I don't see any benefit to timber sheeting the roof under tin. If you need insulation under it then investigate insulated sheeting.

If you cut across one of those poles you'll see that the tar impregnation doesn't really make it to the middle so splitting them isn't such a good move unless you treat the exposed. As for spitting r cutting the poles longways.. the chances of having straight enough grain to get away with wedges.... I wouldn't bother and handsawing it would be a job for a younger man. A chainsaw sounds easy but controlling that from running off would be a mare.. definately a case of a new perfectly sharpened chain so it doesn't have any bias on it's cut and take it slow and then a  lot of dressing the cuts - more work than benefit.

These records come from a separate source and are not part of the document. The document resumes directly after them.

-- ===== src/Sys.antt =====
-- The state of `Mysql_stream_manager`, with the packets of all its streams, and the settings and
-- libraries that it works with. Packets live on a heap, since streams and the list of slow queries
-- share them.
pub mod Sound
pub mod Frame
pub mod Captured
use mysqlpcap.Base.{
  ℕ, ◌+◌, ◌*◌, ◌%◌, ◌^◌, Bool, false, Option, none, some, List, [], ◌∷◌, Bytes, ◌==◌, if◌then◌else◌,
}
use mysqlpcap.Base.Run.{ok, fault, M, ◌>>=◌}
use mysqlpcap.Files.{Files}
use mysqlpcap.Fragments.{IpStream}
use mysqlpcap.Packet.{Packet, PerfStats, Ptr, null, Timeval, unmark_ref, mark_ref}
use mysqlpcap.Pattern.{Pcre, QueryPattern}
use mysqlpcap.Stats.{QueryStats}
use mysqlpcap.Tables.{TableStats}

-- What the program is given: the options of `param_info` that the manager reads, the calls of the
-- system and of PCRE2, and the tables that `yyparse_string` reports for a query, with their types.
pub record Env : Type 1 where
  pub os : Files
  pub pcre : Pcre
  pub patterns : List (QueryPattern pcre)
  pub n_slow_queries : ℕ
  pub do_run : Bool
  pub mysql_ip : ℕ
  pub mysql_port : ℕ
  pub ethernet_header_size : ℕ
  pub parse_tables : Bytes → List (Bytes × Bytes)

-- `Mysql_stream`. Addresses and ports are as they stand in the packets, in network order. `th` says
-- that a replay thread runs.
pub record Stream : Type 0 where
  pub src_ip : ℕ
  pub src_port : ℕ
  pub dst_ip : ℕ
  pub dst_port : ℕ
  pub first : Ptr
  pub last : Ptr
  pub last_query : Ptr
  pub pkt_hdr : Bytes
  pub cur_pkt_hdr_len : ℕ
  pub th : Bool
  pub reached_eof : Bool
  pub last_tcp_seq : ℕ
  pub last_tcp_seq_inited : Bool

-- The constructor `Mysql_stream`. The bytes of `pkt_hdr` that it leaves unset are 0 here.
abbrev pub new_stream : (src_ip src_port dst_ip dst_port : ℕ) → Stream
new_stream si sp di dp = record {
  src_ip = si;
  src_port = sp;
  dst_ip = di;
  dst_port = dp;
  first = null;
  last = null;
  last_query = null;
  pkt_hdr = 0 ∷ 0 ∷ 0 ∷ 0 ∷ [];
  cur_pkt_hdr_len = 0;
  th = false;
  reached_eof = false;
  last_tcp_seq = 0;
  last_tcp_seq_inited = false;
}

abbrev pub Heap : Type 0
Heap = Ptr → Option Packet

unfoldable pub write : Heap → Ptr → Option Packet → Heap
write h p c a = if a == p then c else h a

-- `Mysql_stream_manager`. `fresh` is the address that the next `new` returns. `replay_fd` is `none`
-- for -1, and `table_stats` for a null `table_stats_fp`.
pub record Sys (env : Env) : Type 0 where
  pub heap : Heap
  pub fresh : Ptr
  pub perf : PerfStats
  pub lookup : List (ℕ × Stream)
  pub slow_queries : List Ptr
  pub q_stats : QueryStats
  pub table_stats : Option TableStats
  pub first_packet_ts : Option Timeval
  pub replay_fd : Option env.os.File
  pub in_replay_write : Bool
  pub ip_stream : IpStream

module _ {env : Env} where
  unfoldable pub get : M (Sys env) (Sys env)
  get s = ok s s

  unfoldable pub put : Sys env → M (Sys env) (Unit {0})
  put t s = ok tt t

  -- `*p`, and an assignment to it
  unfoldable pub load : Ptr → M (Sys env) Packet
  load p s = if p == null then fault else elim (s.heap p) [ none ↦ fault | some q ↦ ok q s ]

  unfoldable pub store : Ptr → Packet → M (Sys env) (Unit {0})
  store p q s = ok tt (record s { heap = write s.heap p (some q) })

  unfoldable pub set_next : Ptr → Ptr → M (Sys env) (Unit {0})
  unfolding load store
  set_next p next = do q ← load p; store p (record q { next = next })

  unfoldable pub set_prev : Ptr → Ptr → M (Sys env) (Unit {0})
  unfolding load store
  set_prev p prev = do q ← load p; store p (record q { prev = prev })

  -- A value that is not there is a fault.
  unfoldable pub require : {A : Type 0} → Option A → M (Sys env) A
  require none s = fault
  require (some a) s = ok a s

  -- `new`: the packet at an unused address
  unfoldable pub allocate : Packet → PerfStats → M (Sys env) Ptr
  allocate q perf s =
      ok s.fresh
        (record s { heap = write s.heap s.fresh (some q); fresh = s.fresh + 1; perf = perf })

  -- `p->mark_ref()`
  unfoldable pub mark : Ptr → M (Sys env) (Unit {0})
  unfolding load store require
  mark p = do q ← load p; q' ← require (mark_ref q); store p q'

  -- `if (p->unmark_ref()) delete p`
  unfoldable pub release : Ptr → M (Sys env) (Unit {0})
  unfolding load require
  release p = do
    q ← load p
    s ← get
    (q', perf, gone) ← require (unmark_ref q s.perf)
    put (record s { heap = write s.heap p (if gone then none else some q'); perf = perf })

-- `Mysql_stream_manager::get_key`, in 64 bits
unfoldable pub get_key : (ip port : ℕ) → ℕ
get_key ip port = (ip * 2 ^ 32 % 2 ^ 64 + port) % 2 ^ 64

I have a full-size dutch barn here and park some of my tack under that but weather from the sides gets to more than halfway so you really would need some side cladding to achieve your goal.

Rupert the bear

  • Joined Jun 2015
Re: Pole-barn / equipment shelter advice
« Reply #2 on: March 26, 2019, 10:03:10 am »
don't split the poles for reasons above as you need the strength of an entire pole and before cutting them inspect the area to be cut carefully , there maybe an earth wire running the length of the pole , sometime this can be well embedded and hard to see.  On the upside the earth wire is worth recovering as they (up here anyway) are copper £££
I know you have your own idea of size but  3x 4.8mx3.6m , have a wee think , best to make it bigger now than regretting it later .


  • Joined Jun 2013
  • South Wales .Carmarthenshire. SA18
Re: Pole-barn / equipment shelter advice
« Reply #3 on: April 12, 2019, 12:08:38 am »
When making the joints at the top  do as much as work possible on the ground . A chalk line and a plumbob  will allow you to get both ends of the poles in the same plane once you locate the center of each end of the poles .

 Buy your own auger or  get a short carpenters one made up to give you abut 20 inches in length for the 19 mm zinc plated steel studding that you use to bold them together and use big construction washers  under each nut . For your upper most rails  make a shallow  cut in each one so it sits on the rail underneath it and make a shallow hollow in its uppermost face before you use the auger to make the fixing hole … done so the nut & washer are not going to stick proud  in the sheeting you use to cover the shed
  It's also well worth using stainless steel banding strapping to tie the roof to the uprights .. dong it as you go not trying to do it at the end of the job .

 My pal has purchased  a roll of the fine lorry netting  , sat down and hand sewed  a double hollow hem for the top so he could insert  a length of 30 blue alkathene waterpupe to hang it from the roof back front & sides .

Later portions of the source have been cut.